____ Information provided

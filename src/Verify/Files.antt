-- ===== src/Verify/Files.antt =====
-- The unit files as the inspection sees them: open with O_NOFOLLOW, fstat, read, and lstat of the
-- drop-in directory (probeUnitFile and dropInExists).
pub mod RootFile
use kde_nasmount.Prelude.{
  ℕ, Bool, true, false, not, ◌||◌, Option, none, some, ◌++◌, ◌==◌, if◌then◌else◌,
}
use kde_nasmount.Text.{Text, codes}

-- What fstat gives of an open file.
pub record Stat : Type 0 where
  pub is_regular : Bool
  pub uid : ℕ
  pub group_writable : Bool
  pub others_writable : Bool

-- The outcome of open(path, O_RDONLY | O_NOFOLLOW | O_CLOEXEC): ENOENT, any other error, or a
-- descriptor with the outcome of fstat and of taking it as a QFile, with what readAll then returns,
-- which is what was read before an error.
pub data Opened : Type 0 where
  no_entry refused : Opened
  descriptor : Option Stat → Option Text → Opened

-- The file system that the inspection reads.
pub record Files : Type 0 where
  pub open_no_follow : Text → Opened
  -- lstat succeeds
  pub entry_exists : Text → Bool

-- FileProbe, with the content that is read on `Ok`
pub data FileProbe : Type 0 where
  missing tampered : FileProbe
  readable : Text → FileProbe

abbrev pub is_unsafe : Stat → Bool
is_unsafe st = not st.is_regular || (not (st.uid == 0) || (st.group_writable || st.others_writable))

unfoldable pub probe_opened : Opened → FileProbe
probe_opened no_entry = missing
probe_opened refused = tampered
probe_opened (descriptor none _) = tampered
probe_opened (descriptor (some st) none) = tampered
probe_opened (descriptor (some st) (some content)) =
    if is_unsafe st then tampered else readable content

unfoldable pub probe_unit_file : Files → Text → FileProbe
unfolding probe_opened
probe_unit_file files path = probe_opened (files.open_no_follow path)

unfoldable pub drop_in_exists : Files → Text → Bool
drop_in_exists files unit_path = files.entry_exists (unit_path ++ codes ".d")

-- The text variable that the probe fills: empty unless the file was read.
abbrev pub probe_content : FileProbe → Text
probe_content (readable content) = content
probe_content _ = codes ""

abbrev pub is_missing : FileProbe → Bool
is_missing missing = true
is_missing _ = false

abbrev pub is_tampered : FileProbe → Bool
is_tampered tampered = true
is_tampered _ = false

________
____ Information provided

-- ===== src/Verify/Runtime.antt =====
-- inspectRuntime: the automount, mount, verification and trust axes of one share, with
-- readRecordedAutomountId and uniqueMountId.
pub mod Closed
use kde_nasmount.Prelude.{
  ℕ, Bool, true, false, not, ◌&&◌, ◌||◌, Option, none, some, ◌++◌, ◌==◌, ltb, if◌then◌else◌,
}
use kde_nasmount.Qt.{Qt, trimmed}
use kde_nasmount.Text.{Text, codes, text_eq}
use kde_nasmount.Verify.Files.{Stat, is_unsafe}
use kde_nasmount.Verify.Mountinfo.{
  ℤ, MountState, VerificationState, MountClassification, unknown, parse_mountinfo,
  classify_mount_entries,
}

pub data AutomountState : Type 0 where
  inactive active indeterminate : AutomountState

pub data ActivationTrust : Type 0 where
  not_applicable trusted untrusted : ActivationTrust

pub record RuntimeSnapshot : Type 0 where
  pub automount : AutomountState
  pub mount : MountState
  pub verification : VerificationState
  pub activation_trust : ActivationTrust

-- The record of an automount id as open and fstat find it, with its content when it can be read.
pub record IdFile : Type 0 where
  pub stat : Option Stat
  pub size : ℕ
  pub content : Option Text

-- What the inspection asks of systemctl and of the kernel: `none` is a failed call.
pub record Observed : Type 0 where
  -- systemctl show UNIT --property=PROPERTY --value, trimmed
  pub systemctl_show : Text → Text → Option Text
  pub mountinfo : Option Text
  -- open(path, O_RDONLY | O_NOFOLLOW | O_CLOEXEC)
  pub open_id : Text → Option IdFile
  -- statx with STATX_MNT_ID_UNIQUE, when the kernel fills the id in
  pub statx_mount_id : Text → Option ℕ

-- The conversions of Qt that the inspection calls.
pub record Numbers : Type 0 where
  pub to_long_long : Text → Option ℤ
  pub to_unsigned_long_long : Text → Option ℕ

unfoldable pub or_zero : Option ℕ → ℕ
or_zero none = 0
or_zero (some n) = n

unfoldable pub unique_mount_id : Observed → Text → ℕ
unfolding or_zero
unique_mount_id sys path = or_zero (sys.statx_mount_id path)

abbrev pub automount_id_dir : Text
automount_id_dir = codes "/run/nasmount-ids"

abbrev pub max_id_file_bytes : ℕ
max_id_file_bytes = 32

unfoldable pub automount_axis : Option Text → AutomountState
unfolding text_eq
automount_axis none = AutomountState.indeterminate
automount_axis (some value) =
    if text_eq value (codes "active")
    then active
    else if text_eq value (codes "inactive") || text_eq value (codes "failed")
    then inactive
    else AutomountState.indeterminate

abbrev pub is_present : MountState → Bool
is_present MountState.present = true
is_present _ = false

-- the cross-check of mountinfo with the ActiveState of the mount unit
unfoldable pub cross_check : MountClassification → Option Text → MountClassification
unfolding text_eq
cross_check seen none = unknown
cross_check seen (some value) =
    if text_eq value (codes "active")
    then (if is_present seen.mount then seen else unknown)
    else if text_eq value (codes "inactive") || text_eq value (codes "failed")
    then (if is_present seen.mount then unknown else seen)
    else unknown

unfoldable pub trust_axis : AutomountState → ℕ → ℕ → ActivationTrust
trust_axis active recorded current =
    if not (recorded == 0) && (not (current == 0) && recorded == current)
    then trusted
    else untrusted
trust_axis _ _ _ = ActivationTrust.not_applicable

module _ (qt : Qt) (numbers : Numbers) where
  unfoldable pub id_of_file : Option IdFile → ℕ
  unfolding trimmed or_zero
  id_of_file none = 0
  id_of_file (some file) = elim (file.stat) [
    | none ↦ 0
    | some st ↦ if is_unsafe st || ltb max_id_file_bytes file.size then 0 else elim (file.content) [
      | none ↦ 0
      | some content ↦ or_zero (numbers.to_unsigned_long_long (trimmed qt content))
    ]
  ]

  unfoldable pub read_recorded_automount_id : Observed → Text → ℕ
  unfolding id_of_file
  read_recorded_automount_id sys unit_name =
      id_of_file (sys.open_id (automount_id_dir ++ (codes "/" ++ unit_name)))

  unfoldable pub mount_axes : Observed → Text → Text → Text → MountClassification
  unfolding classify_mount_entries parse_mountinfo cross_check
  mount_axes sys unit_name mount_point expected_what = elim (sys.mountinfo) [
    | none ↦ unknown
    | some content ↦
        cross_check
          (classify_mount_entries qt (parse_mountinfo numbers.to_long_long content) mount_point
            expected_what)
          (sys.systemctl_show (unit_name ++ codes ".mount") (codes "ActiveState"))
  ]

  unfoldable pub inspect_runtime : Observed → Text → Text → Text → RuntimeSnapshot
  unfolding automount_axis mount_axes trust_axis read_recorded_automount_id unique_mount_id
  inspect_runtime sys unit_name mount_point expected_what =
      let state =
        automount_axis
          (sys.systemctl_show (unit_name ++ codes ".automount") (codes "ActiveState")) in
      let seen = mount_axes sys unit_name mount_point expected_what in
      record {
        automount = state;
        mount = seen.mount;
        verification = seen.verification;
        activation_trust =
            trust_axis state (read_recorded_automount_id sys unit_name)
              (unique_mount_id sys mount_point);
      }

________
____ Information provided

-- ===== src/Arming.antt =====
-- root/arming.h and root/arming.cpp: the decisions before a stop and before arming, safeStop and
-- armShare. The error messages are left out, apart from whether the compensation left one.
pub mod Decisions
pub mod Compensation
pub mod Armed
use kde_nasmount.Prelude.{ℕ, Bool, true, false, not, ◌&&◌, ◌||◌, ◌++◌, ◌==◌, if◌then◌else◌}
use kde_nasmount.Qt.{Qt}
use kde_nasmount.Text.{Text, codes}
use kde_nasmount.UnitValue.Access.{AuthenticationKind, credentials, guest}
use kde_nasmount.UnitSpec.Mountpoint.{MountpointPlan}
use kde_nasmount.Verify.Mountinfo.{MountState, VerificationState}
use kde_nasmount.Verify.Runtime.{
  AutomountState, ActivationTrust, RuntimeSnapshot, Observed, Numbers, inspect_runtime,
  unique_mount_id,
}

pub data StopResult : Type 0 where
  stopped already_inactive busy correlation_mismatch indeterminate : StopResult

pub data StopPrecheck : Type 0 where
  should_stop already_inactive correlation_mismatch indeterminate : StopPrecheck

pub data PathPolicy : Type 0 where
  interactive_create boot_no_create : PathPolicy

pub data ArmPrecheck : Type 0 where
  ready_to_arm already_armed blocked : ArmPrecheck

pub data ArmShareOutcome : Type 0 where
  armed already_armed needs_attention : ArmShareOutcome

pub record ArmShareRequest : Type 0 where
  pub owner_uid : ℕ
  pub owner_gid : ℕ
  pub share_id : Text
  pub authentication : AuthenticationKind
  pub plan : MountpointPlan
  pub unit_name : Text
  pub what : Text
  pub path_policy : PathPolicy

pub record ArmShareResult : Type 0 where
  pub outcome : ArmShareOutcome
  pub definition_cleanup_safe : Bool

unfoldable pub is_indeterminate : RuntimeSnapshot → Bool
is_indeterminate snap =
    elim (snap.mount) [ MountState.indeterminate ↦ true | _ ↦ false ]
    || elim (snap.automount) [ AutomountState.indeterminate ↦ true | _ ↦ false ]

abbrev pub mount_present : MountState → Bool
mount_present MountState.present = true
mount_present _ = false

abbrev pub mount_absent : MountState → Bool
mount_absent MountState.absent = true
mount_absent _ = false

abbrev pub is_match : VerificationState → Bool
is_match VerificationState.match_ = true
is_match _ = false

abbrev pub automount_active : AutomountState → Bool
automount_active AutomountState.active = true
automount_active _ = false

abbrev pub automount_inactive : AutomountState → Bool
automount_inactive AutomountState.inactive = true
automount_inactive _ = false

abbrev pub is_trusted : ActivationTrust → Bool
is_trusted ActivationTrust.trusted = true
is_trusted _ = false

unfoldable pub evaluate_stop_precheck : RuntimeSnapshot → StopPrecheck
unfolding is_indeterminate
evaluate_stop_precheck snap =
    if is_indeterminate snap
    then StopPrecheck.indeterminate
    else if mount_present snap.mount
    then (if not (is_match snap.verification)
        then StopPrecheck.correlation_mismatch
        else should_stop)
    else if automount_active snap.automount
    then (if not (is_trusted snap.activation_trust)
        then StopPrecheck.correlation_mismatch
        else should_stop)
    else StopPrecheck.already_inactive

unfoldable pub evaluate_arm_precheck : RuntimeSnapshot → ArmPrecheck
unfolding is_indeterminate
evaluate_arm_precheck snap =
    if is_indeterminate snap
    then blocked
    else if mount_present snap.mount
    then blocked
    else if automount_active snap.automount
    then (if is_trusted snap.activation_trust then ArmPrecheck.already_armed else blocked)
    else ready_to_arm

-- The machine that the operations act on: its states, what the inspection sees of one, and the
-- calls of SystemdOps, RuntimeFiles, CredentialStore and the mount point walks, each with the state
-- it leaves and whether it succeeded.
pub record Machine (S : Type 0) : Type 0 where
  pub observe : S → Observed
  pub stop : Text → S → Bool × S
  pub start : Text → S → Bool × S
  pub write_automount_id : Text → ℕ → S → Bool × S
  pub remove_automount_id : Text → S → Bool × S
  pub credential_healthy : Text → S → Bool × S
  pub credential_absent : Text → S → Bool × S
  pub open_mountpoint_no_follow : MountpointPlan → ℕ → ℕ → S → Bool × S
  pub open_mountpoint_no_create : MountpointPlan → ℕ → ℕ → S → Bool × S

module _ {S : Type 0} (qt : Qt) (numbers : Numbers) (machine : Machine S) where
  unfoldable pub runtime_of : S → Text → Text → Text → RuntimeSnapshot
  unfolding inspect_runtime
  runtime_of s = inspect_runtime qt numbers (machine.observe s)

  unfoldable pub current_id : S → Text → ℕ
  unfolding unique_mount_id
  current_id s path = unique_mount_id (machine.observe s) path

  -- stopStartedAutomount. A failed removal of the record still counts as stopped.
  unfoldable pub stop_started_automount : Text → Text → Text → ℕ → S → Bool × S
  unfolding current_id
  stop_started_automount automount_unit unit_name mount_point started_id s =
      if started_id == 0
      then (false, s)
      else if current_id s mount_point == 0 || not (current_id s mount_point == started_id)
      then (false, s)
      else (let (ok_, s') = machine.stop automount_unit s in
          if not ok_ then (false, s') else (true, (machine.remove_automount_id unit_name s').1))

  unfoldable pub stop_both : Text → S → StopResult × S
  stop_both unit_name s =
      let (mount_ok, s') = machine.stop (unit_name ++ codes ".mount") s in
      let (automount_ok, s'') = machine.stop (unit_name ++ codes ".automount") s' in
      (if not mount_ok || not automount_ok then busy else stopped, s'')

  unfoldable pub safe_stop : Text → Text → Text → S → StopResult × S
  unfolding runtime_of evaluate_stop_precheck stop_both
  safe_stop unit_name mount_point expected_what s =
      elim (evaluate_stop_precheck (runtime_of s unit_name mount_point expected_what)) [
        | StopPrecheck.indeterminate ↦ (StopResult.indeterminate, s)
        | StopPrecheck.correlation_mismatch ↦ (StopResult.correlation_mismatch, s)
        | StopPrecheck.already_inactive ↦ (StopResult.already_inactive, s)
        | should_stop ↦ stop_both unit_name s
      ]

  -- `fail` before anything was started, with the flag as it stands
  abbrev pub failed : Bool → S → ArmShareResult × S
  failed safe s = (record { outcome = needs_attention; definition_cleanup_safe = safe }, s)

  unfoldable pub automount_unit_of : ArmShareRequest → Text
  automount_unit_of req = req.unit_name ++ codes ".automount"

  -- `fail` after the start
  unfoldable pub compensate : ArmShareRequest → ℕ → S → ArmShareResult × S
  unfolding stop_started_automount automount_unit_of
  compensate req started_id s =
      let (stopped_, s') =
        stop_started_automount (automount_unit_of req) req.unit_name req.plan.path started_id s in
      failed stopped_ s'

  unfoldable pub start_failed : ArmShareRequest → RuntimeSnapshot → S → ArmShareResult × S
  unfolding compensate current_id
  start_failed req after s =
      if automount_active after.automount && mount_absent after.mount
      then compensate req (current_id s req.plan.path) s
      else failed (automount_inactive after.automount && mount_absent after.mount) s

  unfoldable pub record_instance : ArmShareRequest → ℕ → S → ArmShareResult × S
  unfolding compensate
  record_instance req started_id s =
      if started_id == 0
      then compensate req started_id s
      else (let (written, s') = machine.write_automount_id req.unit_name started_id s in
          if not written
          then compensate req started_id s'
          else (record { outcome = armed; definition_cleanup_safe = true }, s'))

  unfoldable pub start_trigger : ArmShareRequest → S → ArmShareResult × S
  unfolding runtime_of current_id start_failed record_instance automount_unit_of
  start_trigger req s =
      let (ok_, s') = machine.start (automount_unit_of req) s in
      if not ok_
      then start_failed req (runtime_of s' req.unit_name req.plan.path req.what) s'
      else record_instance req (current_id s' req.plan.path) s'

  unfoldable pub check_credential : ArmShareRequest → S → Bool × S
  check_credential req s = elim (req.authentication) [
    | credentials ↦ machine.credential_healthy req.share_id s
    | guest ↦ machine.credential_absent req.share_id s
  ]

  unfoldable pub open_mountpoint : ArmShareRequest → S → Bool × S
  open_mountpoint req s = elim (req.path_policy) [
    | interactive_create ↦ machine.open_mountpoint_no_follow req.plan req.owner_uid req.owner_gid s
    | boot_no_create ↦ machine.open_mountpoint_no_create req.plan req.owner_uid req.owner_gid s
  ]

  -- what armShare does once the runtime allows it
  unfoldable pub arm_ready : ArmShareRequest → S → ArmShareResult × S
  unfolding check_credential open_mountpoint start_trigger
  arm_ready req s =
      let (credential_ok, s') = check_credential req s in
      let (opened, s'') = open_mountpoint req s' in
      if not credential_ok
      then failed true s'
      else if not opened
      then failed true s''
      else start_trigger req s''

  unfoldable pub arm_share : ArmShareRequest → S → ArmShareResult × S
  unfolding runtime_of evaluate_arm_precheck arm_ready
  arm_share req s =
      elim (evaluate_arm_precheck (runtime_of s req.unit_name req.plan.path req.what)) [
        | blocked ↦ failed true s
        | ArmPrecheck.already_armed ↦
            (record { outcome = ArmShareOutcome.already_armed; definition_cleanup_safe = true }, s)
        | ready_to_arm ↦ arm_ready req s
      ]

________

• [The problem]
Every line above from the line with "filename src/Verify/Files.antt" to the line with "-- The outcome", inclusive, must be returned exactly; no other line belongs in the reply.

• [Output for this exercise]
filename src/Verify/Files.antt
-- ===== src/Verify/Files.antt =====
-- The unit files as the inspection sees them: open with O_NOFOLLOW, fstat, read, and lstat of the
-- drop-in directory (probeUnitFile and dropInExists).
pub mod RootFile
use kde_nasmount.Prelude.{
  ℕ, Bool, true, false, not, ◌||◌, Option, none, some, ◌++◌, ◌==◌, if◌then◌else◌,
}
use kde_nasmount.Text.{Text, codes}

-- What fstat gives of an open file.
pub record Stat : Type 0 where
  pub is_regular : Bool
  pub uid : ℕ
  pub group_writable : Bool
  pub others_writable : Bool

-- The outcome of open(path, O_RDONLY | O_NOFOLLOW | O_CLOEXEC): ENOENT, any other error, or a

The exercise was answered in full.